Table 8 Swab recovery results for CPH and CFX by the proposed HPLC method.

Precision

System Precision. The system's repeatability must be evaluated using a replicated measurement standard solution at the target concentration (5 ppm). As shown in Table 7, the system is precise since the RSD for six replicates should approach NMT 10%.

Intermediate precision (Ruggedness). Variations in the laboratory, different days, analysts, and different instruments make ruggedness readily apparent. Table S4 shows a variety of positive outcomes.

Robustness

The analytical suggested methods' robustness was tested to ensure that they maintained their accuracy and precision even after being subjected to deliberate changes in factors like those listed in Table S4 below, which include pH, column, temperature, wavelength, and flow rate.

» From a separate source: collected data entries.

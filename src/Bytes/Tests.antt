-- ===== src/Bytes/Tests.antt =====
-- Bytes and texts at which the theorems of Bytes are applied.
use vicare_scheme.Base.{
  ℕ, ◌+◌, ◌*◌, ◌≤◌, ◌≡◌, refl, List, [], ◌∷◌, ◌++◌, false, some, arith, length, replicate, drop,
  length-replicate, All,
}
use vicare_scheme.Bytes.{and_then, answer_or, answers, IsByte}
use vicare_scheme.Bytes.Hex.{to_hex, hex_digits, from_hex, hexadecimal}
use vicare_scheme.Bytes.Hex.RoundTrip.{from_hex-to_hex, answers-from_hex, is_hex_text}
use vicare_scheme.Bytes.Base64.{
  to_base64, from_base64, encode, decode, output_length, number_of_groups, refused, symbol,
  written_before, written, decode_group, characters, sextet, first_byte, second_byte, third_byte,
}
use vicare_scheme.Bytes.Base64.Groups.{in_alphabet, stray, refused_exactly}
use vicare_scheme.Bytes.Base64.Lengths.{decode-fits}
use vicare_scheme.Bytes.Base64.RoundTrip.{from_base64-to_base64, from_base64_joined}

-- "Man", and the single byte 255.
abbrev man : List ℕ
man = 77 ∷ 97 ∷ 110 ∷ []

abbrev last : List ℕ
last = 255 ∷ []

abbrev noise : ℕ → List ℕ
noise n = replicate n 7

noise_sized : (n : ℕ) → length (noise n) ≡ n
noise_sized n = length-replicate n 7

man-IsByte : All IsByte man
man-IsByte = omega arith

last-IsByte : All IsByte last
last-IsByte = omega arith

to_hex-man : to_hex man ≡ some (52 ∷ 68 ∷ 54 ∷ 49 ∷ 54 ∷ 69 ∷ [])
unfolding to_hex hex_digits
to_hex-man = refl

from_hex-to_hex_example : and_then (to_hex man) (from_hex hexadecimal) ≡ some man
from_hex-to_hex_example = from_hex-to_hex hexadecimal (λ c h. refl) man man-IsByte (omega arith)

-- "4G" is refused.
answers-from_hex_example :
    answers (from_hex hexadecimal (52 ∷ 71 ∷ [])) ≡ is_hex_text (52 ∷ 71 ∷ [])
answers-from_hex_example = answers-from_hex hexadecimal (λ c h. refl) (52 ∷ 71 ∷ []) (omega arith)

-- "TWFu"
to_base64-man : to_base64 man ≡ some (84 ∷ 87 ∷ 70 ∷ 117 ∷ [])
unfolding to_base64 number_of_groups encode symbol
to_base64-man = refl

from_base64-to_base64_example : and_then (to_base64 man) (from_base64 noise) ≡ some man
unfolding number_of_groups
from_base64-to_base64_example = from_base64-to_base64 noise noise_sized man man-IsByte (omega arith)

-- "/w==TWFu": the last two of six bytes are what the memory held.
from_base64_joined_example :
    from_base64 noise (encode last ++ encode man)
    ≡ some (
        (last ++ man)
        ++ drop (length (last ++ man)) (noise (3 * number_of_groups (length last) + length man)))
from_base64_joined_example = from_base64_joined noise last man last-IsByte man-IsByte (omega arith)

-- "TWFuTW`u": the first group is written, the second refused.
abbrev broken : List ℕ
broken = 84 ∷ 87 ∷ 70 ∷ 117 ∷ 84 ∷ 87 ∷ 96 ∷ 117 ∷ []

written-broken : written broken ≡ man
unfolding written written_before decode_group characters refused sextet first_byte second_byte
    third_byte
written-broken = refl

decode-fits_example :
    (length (written broken) ≤ output_length broken)
    × (answer_or (decode broken) (written broken) ≡ written broken)
decode-fits_example = decode-fits broken refl

refused_exactly_example : refused 39 ≡ false
unfolding in_alphabet stray
refused_exactly_example = refused_exactly 39 (omega arith)
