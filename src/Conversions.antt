-- ===== src/Conversions.antt =====
-- Exact integers from C integers and back (src/ikarus-objects.c), on a platform where an `int` has 32 bits
-- and a `long`, a `long long` and a pointer have 64. A C integer of w bits is its bit pattern, a number
-- below 2 ^ w.
pub mod FromC
pub mod ToC
pub mod Types
pub mod Exact
pub mod Reading
pub mod RoundTrip
mod Tests
use vicare_scheme.Base.{ℕ, ◌+◌, ◌-◌, ◌%◌, ◌^◌, ltb, if◌then◌else◌}
use vicare_scheme.Base.Int.{ℤ, pos, negsuc}

-- A signed integer of w bits as a word.
unfoldable pub extend : ℕ → ℕ → ℕ
extend w n = if ltb n (2 ^ (w - 1)) then n else n + 2 ^ 64 - 2 ^ w

-- A word cut to w bits.
unfoldable pub low : ℕ → ℕ → ℕ
low w n = n % 2 ^ w

-- The integer that w bits stand for in two's complement.
unfoldable pub signed_value : ℕ → ℕ → ℤ
signed_value w n = if ltb n (2 ^ (w - 1)) then pos n else negsuc (2 ^ w - n - 1)
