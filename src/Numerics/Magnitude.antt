-- ===== src/Numerics/Magnitude.antt =====
-- How large a well-formed bignum is, from its limb count.
use vicare_scheme.Base.{
  ℕ, zero, suc, ◌-◌, ◌*◌, ◌+◌, ◌^◌, ◌<◌, ◌≤◌, ◌≡◌, inl, inr, Bool, true, false, List, arith, ◌==◌,
  ==_iff, Bool-cases, length, get_or, take,
}
use vicare_scheme.Numerics.Words.{word_base, limit}
use vicare_scheme.Numerics.Limbs.{
  IsLimbs, weight, val, weight-ge_base, val-take_one, val-take-suc, val-take_lt,
}
use vicare_scheme.Base.Int.{signed}
use vicare_scheme.Numerics.Normalize.{bignum-Computes}
use vicare_scheme.Numerics.Bignum.{
  Block, verified, Computes, first_word, count_of, magnitude, IsBignum, negative_bit, last_limb,
}

pub le-mul_pos : (a b : ℕ) → 0 < b → a ≤ a * b
le-mul_pos a b h = grind arith

-- A well-formed bignum lies between the weight of its last limb and the weight above it.
pub record Bounds (k m : ℕ) (s : Bool) : Type 0 where
  pub lower : weight (k - 1) ≤ m
  pub upper : m < weight k
  pub large : limit s < m

pub top_split :
    (k : ℕ) (xs : List ℕ)
    → 0 < k
    → k ≤ length xs
    → val (take k xs) ≡ val (take (k - 1) xs) + weight (k - 1) * get_or xs (k - 1) 0
top_split zero xs pos h = absurd (omega arith)
top_split (suc j) xs pos h =
    let e : suc j - 1 ≡ j = omega arith in rw e (val-take-suc j xs (omega arith))

pub weight_pred : (n : ℕ) → 0 < n → weight n ≡ word_base * weight (n - 1)
unfolding weight
weight_pred zero h = absurd (omega arith)
weight_pred (suc n) h = let e : suc n - 1 ≡ n = omega arith in rw e

pub limit-lt-base : (s : Bool) → limit s < word_base
unfolding limit
limit-lt-base false = omega arith
limit-lt-base true = omega arith

large-magnitude :
    (y : Block)
    → IsBignum y
    → weight (count_of y - 1) ≤ magnitude y
    → limit (negative_bit y.first) < magnitude y
large-magnitude y h lower = elim (Bool-cases (count_of y == 1)) [
  | inl one ↦
      let e : count_of y ≡ 1 = (==_iff _ 1).0 one in
      let top : last_limb y ≡ get_or y.limbs 0 0 = rw e in
      let single : 1 ≤ length y.limbs = omega (arith, h.held, e) in
      rw e (omega (arith, h.large e, top, val-take_one y.limbs single))
  | inr many ↦
      let tall : 0 < count_of y - 1 = ground (arith, h.count_pos) in
      omega (arith, weight-ge_base (count_of y - 1) tall, limit-lt-base (negative_bit y.first))
]

pub IsBignum-Bounds :
    {y : Block} → IsBignum y → Bounds (count_of y) (magnitude y) (negative_bit y.first)
IsBignum-Bounds {y} h =
    let split = top_split (count_of y) y.limbs h.count_pos h.held in
    let low : weight (count_of y - 1) ≤ magnitude y = omega (
      arith,
      split,
      le-mul_pos (weight (count_of y - 1)) (get_or y.limbs (count_of y - 1) 0) h.last_limb_pos,
    ) in
    record {
      lower = low;
      upper = val-take_lt (count_of y) y.limbs h.words h.held;
      large = large-magnitude y h low;
    }

-- A number of at least the weight of its last limb has a nonzero last limb.
pub last_pos_of_lower :
    (k : ℕ) (xs : List ℕ)
    → 0 < k
    → k ≤ length xs
    → IsLimbs xs
    → weight (k - 1) ≤ val (take k xs)
    → 0 < get_or xs (k - 1) 0
last_pos_of_lower k xs pos held words low = elim (Bool-cases (get_or xs (k - 1) 0 == 0)) [
  | inr top ↦ ground arith
  | inl zeros ↦
      let split = rw ((==_iff _ 0).0 zeros) at (top_split k xs pos held) in
      absurd (omega (arith, split, val-take_lt (k - 1) xs words (omega arith)))
]

-- A block that holds a number in range, with the first word that `make_integer` writes.
pub record Holds (k : ℕ) (s : Bool) (m : ℕ) (limbs : List ℕ) : Type 0 where
  pub count_pos : 0 < k
  pub count_fits : k < 2 ^ 60
  pub held : k ≤ length limbs
  pub words : IsLimbs limbs
  pub number : val (take k limbs) ≡ m
  pub lower : weight (k - 1) ≤ m
  pub large : limit s < m

pub Holds-Computes :
    {k m : ℕ} {s : Bool} {limbs : List ℕ}
    → Holds k s m limbs
    → Computes (signed s m) (verified (record { first = first_word k s; limbs = limbs }))
Holds-Computes {k} {m} {s} {limbs} h = rw h.number at (
    bignum-Computes s k limbs
      (record {
        count_pos = h.count_pos;
        count_fits = h.count_fits;
        held = h.held;
        words = h.words;
        last_limb_pos = last_pos_of_lower k limbs h.count_pos h.held h.words (rw h.number h.lower);
      })
      (λ one.
        let single = rw one at h.number in
        omega (arith, h.large, single, val-take_one limbs (omega (arith, one, h.held)))))
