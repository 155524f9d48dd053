-- ===== src/Numerics/Mpn.antt =====
-- What src/ikarus-numerics.c calls of GMP's low-level functions. GMP is not part of the
-- repository: its functions are fields, with the laws that its manual documents.
-- A limb count argument is the length of the list that is passed.
pub mod Reference
use vicare_scheme.Base.{ℕ, ◌+◌, ◌*◌, ◌<◌, ◌≤◌, ◌≡◌, List, length}
use vicare_scheme.Numerics.Words.{word_base}
use vicare_scheme.Numerics.Limbs.{IsLimbs, weight, val}

-- A result of as many limbs as the first operand, and a carry of weight one above them.
pub record Adds (xs : List ℕ) (sum : ℕ) (out : List ℕ × ℕ) : Type 0 where
  pub width : length out.0 ≡ length xs
  pub words : IsLimbs out.0
  pub carry : out.1 ≤ 1
  pub total : val out.0 + weight (length xs) * out.1 ≡ sum

-- A difference modulo the weight above the operands, and a borrow.
pub record Subtracts (xs : List ℕ) (taken : ℕ) (out : List ℕ × ℕ) : Type 0 where
  pub width : length out.0 ≡ length xs
  pub words : IsLimbs out.0
  pub borrow : out.1 ≤ 1
  pub difference : val out.0 + taken ≡ val xs + weight (length xs) * out.1

pub record Scales (xs : List ℕ) (c : ℕ) (out : List ℕ × ℕ) : Type 0 where
  pub width : length out.0 ≡ length xs
  pub words : IsLimbs out.0
  pub high : out.1 < word_base
  pub product : val out.0 + weight (length xs) * out.1 ≡ val xs * c

pub record Multiplies (xs ys : List ℕ) (out : List ℕ) : Type 0 where
  pub width : length out ≡ length xs + length ys
  pub words : IsLimbs out
  pub product : val out ≡ val xs * val ys

pub record Mpn : Type 0 where
  pub add_1 : List ℕ → ℕ → List ℕ × ℕ
  pub sub_1 : List ℕ → ℕ → List ℕ × ℕ
  pub add : List ℕ → List ℕ → List ℕ × ℕ
  pub sub : List ℕ → List ℕ → List ℕ × ℕ
  pub mul_1 : List ℕ → ℕ → List ℕ × ℕ
  pub mul : List ℕ → List ℕ → List ℕ
  pub add_1-Adds :
      (xs : List ℕ) (c : ℕ)
      → IsLimbs xs
      → 0 < length xs
      → c < word_base
      → Adds xs (val xs + c) (add_1 xs c)
  pub sub_1-Subtracts :
      (xs : List ℕ) (c : ℕ)
      → IsLimbs xs
      → 0 < length xs
      → c < word_base
      → Subtracts xs c (sub_1 xs c)
  pub add-Adds :
      (xs ys : List ℕ)
      → IsLimbs xs
      → IsLimbs ys
      → 0 < length ys
      → length ys ≤ length xs
      → Adds xs (val xs + val ys) (add xs ys)
  pub sub-Subtracts :
      (xs ys : List ℕ)
      → IsLimbs xs
      → IsLimbs ys
      → 0 < length ys
      → length ys ≤ length xs
      → Subtracts xs (val ys) (sub xs ys)
  pub mul_1-Scales :
      (xs : List ℕ) (c : ℕ) → IsLimbs xs → 0 < length xs → c < word_base → Scales xs c (mul_1 xs c)
  pub mul-Multiplies :
      (xs ys : List ℕ)
      → IsLimbs xs
      → IsLimbs ys
      → 0 < length ys
      → length ys ≤ length xs
      → Multiplies xs ys (mul xs ys)

-- The words that a fresh memory block holds. The allocator does not initialise them.
pub record Fresh : Type 0 where
  pub block : ℕ → List ℕ
  pub length-block : (n : ℕ) → length (block n) ≡ n
  pub block-IsLimbs : (n : ℕ) → IsLimbs (block n)
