-- ===== src/Numerics/Sum.antt =====
-- The branches that src/ikarus-numerics.c repeats in its additions and subtractions of a fixnum and
-- a bignum: a limb is added to a magnitude, or taken from it.
use vicare_scheme.Base.{
  ℕ, suc, ◌+◌, ◌-◌, ◌*◌, ◌^◌, ◌<◌, ◌≤◌, ◌≡◌, sym, ◌∙◌, inl, inr, Bool, false, List, ◌++◌, arith,
  ◌==◌, ==_iff, if◌then◌else◌, Bool-cases, length, get_or, take, drop, set, length-take, take-all,
  All-take, take-append_of_length, length-append, length-drop, length-set, All-append, All-drop,
  All-set,
}
use vicare_scheme.Base.Int.{signed}
use vicare_scheme.Numerics.Words.{word_base, limit}
use vicare_scheme.Numerics.Limbs.{
  IsLimbs, weight, val, val-take-set, weight_pos, val-take_lt, val-lt-weight,
}
use vicare_scheme.Numerics.Magnitude.{IsBignum-Bounds, Holds-Computes, weight_pred, top_split}
use vicare_scheme.Numerics.Mpn.{Mpn, Fresh}
use vicare_scheme.Numerics.Bignum.{
  Block, fixnum, Outcome, returned, aborted, verified, first_word, count_of, digits_of, magnitude,
  IsBignum, Computes,
}
use vicare_scheme.Numerics.Normalize.{make_integer, make_integer-Computes, zero-Computes, val_nil}

module _ (gmp : Mpn) (fresh : Fresh) where
  -- The sum is one limb longer where there is a carry; the block always has room for it.
  unfoldable pub add_limb : Bool → Block → ℕ → Outcome
  add_limb sign y n =
      let k = count_of y in
      let (sum, carry) = gmp.add_1 (digits_of y) n in
      let block = sum ++ drop k (fresh.block (k + 1)) in
      if carry == 0
      then verified (record { first = first_word k sign; limbs = block })
      else verified (record { first = first_word (k + 1) sign; limbs = set block k 1 })

  unfoldable pub sub_limb : Bool → Block → ℕ → Outcome
  unfolding make_integer
  sub_limb sign y n =
      let k = count_of y in
      let (difference, borrow) = gmp.sub_1 (digits_of y) n in
      let size = if get_or difference (k - 1) 0 == 0 then k - 1 else k in
      if borrow == 0
      then (if size == 0 then returned (fixnum 0) else make_integer sign size difference)
      else aborted

-- A difference of one limb drops at most the last limb of a normal magnitude.
module _ (s : Bool) (k : ℕ) (r : List ℕ) (width : length r ≡ k) (words : IsLimbs r) where
  whole : val (take k r) ≡ val r
  whole = rw (take-all k r (omega arith))

  trim_none :
      0 < k → k < 2 ^ 60 → 0 < get_or r (k - 1) 0 → Computes (signed s (val r)) (make_integer s k r)
  trim_none pos fits top = rw whole at (
      make_integer-Computes s k r (record {
        count_pos = pos;
        count_fits = fits;
        held = omega arith;
        words = words;
        last_limb_pos = top;
      }))

  -- Without the last limb, where that is zero.
  shorter : 0 < k → get_or r (k - 1) 0 ≡ 0 → val (take (k - 1) r) ≡ val r
  shorter pos zeros =
      let split = rw zeros at (top_split k r pos (omega arith)) in omega (arith, split, whole)

  next_limb_pos :
      (m n : ℕ)
      → 0 < k - 1
      → get_or r (k - 1) 0 ≡ 0
      → weight (k - 1) ≤ m
      → val r + n ≡ m
      → n ≤ 2 ^ 60
      → 0 < get_or r (k - 1 - 1) 0
  next_limb_pos m n pos zeros low sum small = elim (Bool-cases (get_or r (k - 1 - 1) 0 == 0)) [
    | inr top ↦ ground arith
    | inl none_left ↦
        let split = rw ((==_iff _ 0).0 none_left) at (top_split (k - 1) r pos (omega arith)) in
        absurd (
          omega (
            arith,
            split,
            shorter (omega arith) zeros,
            val-take_lt (k - 1 - 1) r words (omega arith),
            weight_pred (k - 1) pos,
            weight_pos (k - 1 - 1),
          ))
  ]

  trim_once :
      (m n : ℕ)
      → 0 < k
      → k < 2 ^ 60
      → weight (k - 1) ≤ m
      → val r + n ≡ m
      → n ≤ 2 ^ 60
      → (let size = if get_or r (k - 1) 0 == 0 then k - 1 else k in
          Computes
            (signed s (val r))
            (if size == 0 then returned (fixnum 0) else make_integer s size r))
  trim_once m n pos fits low sum small = elim (Bool-cases (get_or r (k - 1) 0 == 0)) [
    | inr top ↦
        let some_left : (k == 0) ≡ false = ground arith in
        rw (top, some_left) (trim_none pos fits (ground arith))
    | inl zeros ↦
        let top : get_or r (k - 1) 0 ≡ 0 = (==_iff _ 0).0 zeros in
        rw zeros (elim (Bool-cases (k - 1 == 0)) [
          | inl none_left ↦
              let e : k - 1 ≡ 0 = (==_iff _ 0).0 none_left in
              let nothing = rw e at (shorter pos top) in
              rw none_left (zero-Computes s (val r) (sym nothing ∙ val_nil r))
          | inr left ↦
              rw (left, ← shorter pos top)
                (make_integer-Computes s (k - 1) r (record {
                  count_pos = ground arith;
                  count_fits = omega arith;
                  held = omega arith;
                  words = words;
                  last_limb_pos = next_limb_pos m n (ground arith) top low sum small;
                }))
        ])
  ]

-- A sum, its carry and the spare word above it, packed as the code packs them.
module _ (s : Bool) (k carry m : ℕ) (sum spare : List ℕ) (width : length sum ≡ k)
    (room : length spare ≡ 1) (sum_limbs : IsLimbs sum) (spare_limbs : IsLimbs spare)
    (total : val sum + weight k * carry ≡ m) (pos : 0 < k) (fits : k + 1 < 2 ^ 60)
    (lower : weight (k - 1) ≤ m) (large : limit s < m) where
  block_length : length (sum ++ spare) ≡ k + 1
  block_length = omega (arith, length-append sum spare)

  sum-spare-IsLimbs : IsLimbs (sum ++ spare)
  sum-spare-IsLimbs = All-append (λ l. l < word_base) sum spare sum_limbs spare_limbs

  front : take k (sum ++ spare) ≡ sum
  front = take-append_of_length k sum spare width

  pub plain_sum :
      carry ≡ 0
      → Computes (signed s m) (verified (record { first = first_word k s; limbs = sum ++ spare }))
  plain_sum none_carried = Holds-Computes (record {
    count_pos = pos;
    count_fits = omega arith;
    held = omega (arith, block_length);
    words = sum-spare-IsLimbs;
    number = let total' = rw none_carried at total in rw front (omega (arith, total'));
    lower = lower;
    large = large;
  })

  carried_number : carry ≡ 1 → val (take (k + 1) (set (sum ++ spare) k 1)) ≡ m
  carried_number one =
      let total' = rw one at total in
      let e : k + 1 ≡ suc k = omega arith in
      rw (e, val-take-set k (sum ++ spare) 1 (omega (arith, block_length)), front) total'

  carried_sum :
      carry ≡ 1
      → Computes
          (signed s m)
          (verified (record { first = first_word (k + 1) s; limbs = set (sum ++ spare) k 1 }))
  carried_sum one = Holds-Computes (record {
    count_pos = omega arith;
    count_fits = fits;
    held = omega (arith, block_length, length-set (sum ++ spare) k 1);
    words = All-set (λ l. l < word_base) (sum ++ spare) k 1 sum-spare-IsLimbs (omega arith);
    number = carried_number one;
    lower =
        let e : k + 1 - 1 ≡ k = omega arith in
        let total' = rw one at total in rw e (omega (arith, total'));
    large = large;
  })

  pub sum-Computes :
      carry ≤ 1
      → Computes (signed s m) (
          if carry == 0
          then verified (record { first = first_word k s; limbs = sum ++ spare })
          else verified (record { first = first_word (k + 1) s; limbs = set (sum ++ spare) k 1 }))
  sum-Computes most = elim (Bool-cases (carry == 0)) [
    | inl plain ↦ rw plain (plain_sum ((==_iff _ 0).0 plain))
    | inr carried ↦ rw carried (carried_sum (ground arith))
  ]

module _ (fresh : Fresh) where
  -- The word that a block has above the limbs of a sum.
  unfoldable pub spare_word : ℕ → List ℕ
  spare_word k = drop k (fresh.block (k + 1))

  pub length-spare_word : (k : ℕ) → length (spare_word k) ≡ 1
  unfolding spare_word
  length-spare_word k =
      omega (arith, length-drop k (fresh.block (k + 1)), fresh.length-block (k + 1))

  pub spare_word-IsLimbs : (k : ℕ) → IsLimbs (spare_word k)
  unfolding spare_word
  spare_word-IsLimbs k =
      All-drop (λ l. l < word_base) k (fresh.block (k + 1)) (fresh.block-IsLimbs (k + 1))

module _ (gmp : Mpn) (fresh : Fresh) where
  -- The sum of a bignum and a limb, with the sign that the caller gives it.
  pub add_limb-Computes :
      (s : Bool) (y : Block) (n : ℕ)
      → IsBignum y
      → n < word_base
      → count_of y + 1 < 2 ^ 60
      → limit s < magnitude y + n
      → Computes (signed s (magnitude y + n)) (add_limb gmp fresh s y n)
  unfolding add_limb spare_word
  add_limb-Computes s y n h small room large =
      let k = count_of y in
      let digits = digits_of y in
      let bounds = IsBignum-Bounds h in
      let wide : length digits ≡ k = length-take k y.limbs h.held in
      let limbs = All-take (λ l. l < word_base) k y.limbs h.words in
      let a = gmp.add_1-Adds digits n limbs (omega (arith, wide, h.count_pos)) small in
      let total = rw wide at a.total in
      let lower : weight (k - 1) ≤ magnitude y + n = omega (arith, bounds.lower) in
      sum-Computes s k _ _ _ (spare_word fresh k) (a.width ∙ wide) (length-spare_word fresh k)
        a.words (spare_word-IsLimbs fresh k) total h.count_pos room lower large a.carry

  -- The difference of a bignum and a limb that it is not less than.
  pub sub_limb-Computes :
      (s : Bool) (y : Block) (n : ℕ)
      → IsBignum y
      → n ≤ 2 ^ 60
      → n ≤ magnitude y
      → Computes (signed s (magnitude y - n)) (sub_limb gmp fresh s y n)
  unfolding sub_limb
  sub_limb-Computes s y n h small below =
      let k = count_of y in
      let digits = digits_of y in
      let bounds = IsBignum-Bounds h in
      let wide : length digits ≡ k = length-take k y.limbs h.held in
      let limbs = All-take (λ l. l < word_base) k y.limbs h.words in
      let d = gmp.sub_1-Subtracts digits n limbs (omega (arith, wide, h.count_pos)) (omega arith) in
      let difference = rw wide at d.difference in
      let upper = rw (d.width ∙ wide) at (val-lt-weight (gmp.sub_1 digits n).0 d.words) in
      elim (Bool-cases ((gmp.sub_1 digits n).1 == 0)) [
        | inl plain ↦
            let sum = rw ((==_iff _ 0).0 plain) at difference in
            let e : val (gmp.sub_1 digits n).0 ≡ magnitude y - n = omega (arith, sum) in
            rw plain (
              rw e at (
                trim_once s k (gmp.sub_1 digits n).0 (d.width ∙ wide) d.words (magnitude y) n
                  h.count_pos h.count_fits bounds.lower (omega (arith, sum)) small))
        | inr borrowed ↦
            let one : (gmp.sub_1 digits n).1 ≡ 1 = ground (arith, d.borrow) in
            absurd (omega (arith, rw one at difference, upper))
      ]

Stability of swab holing time

The swab sample will be analyzed after being soaked in a solution for a specified period and compared to the new results. The obtained results meet the acceptance criteria for the RSD between the fresh and hold-on samples should be NMT 10%, as depicted in Supplementary Table S5 online.

Specificity

The clarity of assessing the analyte in the presence of potential interference components is called "specificity." It's possible that swabs or cleaning solutions are to cause for this. As shown in (Supplementary Fig. S7a,b online), blank swabs and diluent do not cause any interference.

System suitability

The best settings for the chromatographic conditions were chosen using BBD optimization. The theoretical plate count, resolution, tailing factor, and retention time probes from the system suitability test evaluated the HPLC technique. See Table S6 for the data that supports the HPLC technique.

Conclusion

The QbD strategy was used to develop and validate low-cost, new, specific, and Eco-friendly RP-HPLC and MCR techniques for detecting pharmaceutical drug residues of CPH and CFX in manufacturing equipment. Using the fewest possible experimental runs, BBD and RSM were employed to enhance chromatographic parameters for maximum resolution and minimum retention time for both drugs. Protecting human health and the environment, cutting unnecessary waste, and saving money on solvents and labor for analysts are just a few advantages of using green solvents. Further, the MCR approach was applied to the CPH and CFX binary mixtures to resolve interference without requiring derivative processes or complex software. These methods are valid and appropriate for quality control without expensive HPLC equipment. Six Sigma was also implemented to eliminate manufacturing costs, enhance product quality and reliability, and keep the process relatively close to the target mean. The proposed method has been successfully validated according to the ICH criteria. It may be easily implemented in any environment requiring analysis of the examined drugs in pure or dosage form and detection of active pharmaceutical drug residues in manufacturing equipment.